Sarkozy and Stiglitz say we should measure well-being instead of GDP. Bhutan shows how it can all go

Who could be against defining a nation's success by its level of happiness? Much more feel-good than grubby old GDP, especially in times when there's less of the P to go around. This is what President Sarkozy of France is now urging, after taking delivery of a report by two Nobel Prize-winning economists, Joseph Stiglitz and Amartya Sen.

But the auguries are not good. The country that famously already runs on these lines, Bhutan, is far from happy. In fact, as this report in the Independent shows, it has recently been suffering a spate of suicides.

The more obvious objection, however, is just how woolly Gross National Happiness is as a measure. Who decides what counts as happiness, and what happens when one person's pleasure causes another's pain? This applies in numerous ways to religion. Just the other night I was watching Sepet, a film by the much-missed Malaysian film director Yasmin Ahmad, in which Orked, the Malay female lead, meets her Chinese boyfriend in a cafe. As she passes the chef chopping up crispy pork, poor Orked looks as if she's been stung by a wasp. She's a Muslim, he's Taoist. An essential pleasure for him is anathema to her. More generally, any kind of felicific calculus, as Jeremy Bentham titled his formula for quantifying pain and pleasure, is going to have problems recognising the value of actions and experiences relating to religion or, for that matter, attacks on religion.

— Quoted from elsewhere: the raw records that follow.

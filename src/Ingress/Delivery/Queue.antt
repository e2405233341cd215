-- ===== src/Ingress/Delivery/Queue.antt =====
-- What `handleDATA` does to the slots and to the queue, on each of its branches.
use far_mail.Base.{
  ℕ, ◌+◌, ◌≤◌, ◌≡◌, refl, ap, ◌∙◌, ◌⊎◌, inl, inr, Bool, true, false, List, [], ◌∷◌, ◌++◌, Option,
  none, some, arith, length, length-append, Bool-cases, Option-cases,
}
use far_mail.Text.{Bytes}
use far_mail.Ingress.Data.{Message, read_data}
use far_mail.Ingress.Data.RoundTrip.{read_data-bound}
use far_mail.Ingress.Delivery.{
  handle_data, data_for, receive_message, submit_message, await, job_of, try_submit,
}
use far_mail.Ingress.Server.{Server, Job, acquire_slot, submit_job}
use far_mail.Ingress.Snapshot.{ResolvedRecipient}
use far_mail.Ingress.Transaction.{Session, Conditions, Outcome, finished, timed_out}

abbrev pub slots_and_jobs : Server → ℕ
slots_and_jobs srv = srv.free + length srv.queue

-- The queue is as before, or has one job more: of the transaction's sender and recipient, with a
-- message within the limit.
abbrev pub QueuesAtMostOne : Server → Session → Server → Type 0
QueuesAtMostOne srv s after =
    (after.queue ≡ srv.queue)
    ⊎ ((job : Job) × (after.queue ≡ srv.queue ++ job ∷ [])
        × (s.txn.recipient ≡ some job.resolved)
        × (job.envelope_sender ≡ s.txn.mail_from)
        × (length job.raw ≤ srv.config.body_max_bytes))

-- No slot is lost: as many are free or hold a queued job as before.
pub record IsAccounted (srv : Server) (s : Session) (after : Server) : Type 0 where
  pub slots : slots_and_jobs after ≡ slots_and_jobs srv
  pub jobs : QueuesAtMostOne srv s after

-- A slot is taken.
record Holds (srv held : Server) : Type 0 where
  free : held.free + 1 ≡ srv.free
  queue : held.queue ≡ srv.queue
  config : held.config ≡ srv.config

acquire_slot-Holds : (srv held : Server) → acquire_slot srv ≡ some held → Holds srv held
unfolding acquire_slot
acquire_slot-Holds srv held e = ground arith

record Adds (job : Job) (srv queued : Server) : Type 0 where
  free : queued.free ≡ srv.free
  queue : queued.queue ≡ srv.queue ++ job ∷ []

try_submit-Adds :
    (in_time : Bool) (job : Job) (srv queued : Server)
    → try_submit in_time job srv ≡ some queued
    → Adds job srv queued
unfolding submit_job
try_submit-Adds true job srv queued e = ground arith
try_submit-Adds false job srv queued e = absurd (ground arith)

await-queue :
    (o : Outcome) (written : Bool) (srv : Server) (s : Session) (unread : List Bytes)
    → ((await o written srv s unread).server.queue ≡ srv.queue)
      × ((await o written srv s unread).server.free ≡ srv.free)
unfolding await
await-queue (finished status) written srv s unread = (refl, refl)
await-queue timed_out written srv s unread = (refl, refl)

module _ (c : Conditions) (srv held : Server) (s : Session) (r : ResolvedRecipient)
    (has : s.txn.recipient ≡ some r) (h : Holds srv held) where
  awaited :
      (m : Message) (queued : Server)
      → Adds (job_of s r m.raw) (record held { data_bytes = held.data_bytes + length m.raw }) queued
      → length m.raw ≤ srv.config.body_max_bytes
      → IsAccounted srv s
          (await c.outcome c.reply_written
            (record queued { jobs_submitted = queued.jobs_submitted + 1 })
            s
            m.unread).server
  awaited m queued a room =
      let job = job_of s r m.raw in
      let left =
        await-queue c.outcome c.reply_written
          (record queued { jobs_submitted = queued.jobs_submitted + 1 }) s m.unread in
      let same : queued.queue ≡ srv.queue ++ job ∷ [] = rw (← h.queue) a.queue in
      record {
        slots = omega (
          arith,
          left.1,
          a.free,
          h.free,
          ap length left.0,
          ap length same,
          length-append srv.queue (job ∷ []),
        );
        jobs = inr (job, left.0 ∙ same, has, refl, room);
      }

  submit_message-IsAccounted :
      (m : Message)
      → length m.raw ≤ srv.config.body_max_bytes
      → IsAccounted srv s (submit_message c held s r m).server
  unfolding submit_message
  submit_message-IsAccounted m room =
      let job = job_of s r m.raw in
      let counted : Server = record held { data_bytes = held.data_bytes + length m.raw } in
      elim (Bool-cases m.oversized) [
        | inl big ↦ rw big (record { slots = ground (arith, h); jobs = inl h.queue })
        | inr fits ↦ elim (Option-cases (try_submit c.in_time job counted)) [
          | inl late ↦ rw (fits, late) (record { slots = ground (arith, h); jobs = inl h.queue })
          | inr (queued, e) ↦
              rw (fits, e) (awaited m queued (try_submit-Adds c.in_time job counted queued e) room)
        ]
      ]

  receive_message-IsAccounted :
      (lines : List Bytes) → IsAccounted srv s (receive_message c held s r lines).server
  unfolding receive_message
  receive_message-IsAccounted lines = elim (Bool-cases c.prompt_written) [
    | inr lost ↦ rw lost (record { slots = ground (arith, h); jobs = inl h.queue })
    | inl written ↦ elim (Option-cases (read_data held.config.body_max_bytes lines)) [
      | inl broken ↦ rw (written, broken) (record { slots = ground (arith, h); jobs = inl h.queue })
      | inr (m, e) ↦
          rw (written, e)
            (submit_message-IsAccounted m
              (rw h.config at (read_data-bound held.config.body_max_bytes lines e).0))
    ]
  ]

data_for-IsAccounted :
    (c : Conditions) (srv : Server) (s : Session) (o : Option ResolvedRecipient)
    (lines : List Bytes)
    → s.txn.recipient ≡ o
    → IsAccounted srv s (data_for o c srv s lines).server
unfolding data_for
data_for-IsAccounted c srv s none lines has = record { slots = refl; jobs = inl refl }
data_for-IsAccounted c srv s (some r) lines has = elim (Option-cases (acquire_slot srv)) [
  | inl full ↦ rw (full, data_for) (record { slots = refl; jobs = inl refl })
  | inr (held, e) ↦
      rw (e, data_for)
        (receive_message-IsAccounted c srv held s r has (acquire_slot-Holds srv held e) lines)
]

pub handle_data-IsAccounted :
    (c : Conditions) (srv : Server) (s : Session) (lines : List Bytes)
    → IsAccounted srv s (handle_data c srv s lines).server
unfolding handle_data
handle_data-IsAccounted c srv s lines = data_for-IsAccounted c srv s s.txn.recipient lines refl

submit_message-unread :
    (c : Conditions) (srv : Server) (s : Session) (r : ResolvedRecipient) (m : Message)
    → (submit_message c srv s r m).unread ≡ m.unread
unfolding submit_message
submit_message-unread c srv s r m = ground arith

receive_message-unread :
    (c : Conditions) (held : Server) (s : Session) (r : ResolvedRecipient) (lines : List Bytes)
    → length (receive_message c held s r lines).unread ≤ length lines
unfolding receive_message
receive_message-unread c held s r lines = elim (Bool-cases c.prompt_written) [
  | inr lost ↦ rw lost (omega arith)
  | inl written ↦ elim (Option-cases (read_data held.config.body_max_bytes lines)) [
    | inl broken ↦ rw (written, broken) (omega arith)
    | inr (m, found) ↦
        rw (written, found)
          (rw (submit_message-unread c held s r m)
            (omega (arith, read_data-bound held.config.body_max_bytes lines found)))
  ]
]

data_for-unread :
    (o : Option ResolvedRecipient) (c : Conditions) (srv : Server) (s : Session)
    (lines : List Bytes)
    → length (data_for o c srv s lines).unread ≤ length lines
unfolding data_for
data_for-unread none c srv s lines = omega arith
data_for-unread (some r) c srv s lines = elim (Option-cases (acquire_slot srv)) [
  | inl full ↦ rw (full, data_for) (omega arith)
  | inr (held, e) ↦ rw (e, data_for) (receive_message-unread c held s r lines)
]

-- What is left unread is no more than what there was.
pub handle_data-unread :
    (c : Conditions) (srv : Server) (s : Session) (lines : List Bytes)
    → length (handle_data c srv s lines).unread ≤ length lines
unfolding handle_data
handle_data-unread c srv s lines = data_for-unread s.txn.recipient c srv s lines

Much as utilitarianism appeals, I've found it difficult to take these attempts to weave it into governmental programmes seriously since going to a talk that our own "happiness tsar", Richard Layard, gave at the Palace of Westminster. When I raised the question of how elitism and higher pleasures fitted in with his theories, he gave me a very cold look. Enough said. Any attempt to enliven the "dismal science", as Carlyle called economics, is to be welcomed. But discussions of happiness all too often start off vague and swiftly head towards vacuity.

Let's see how much we hear about Sarkozy's grand new plan a few months down the line.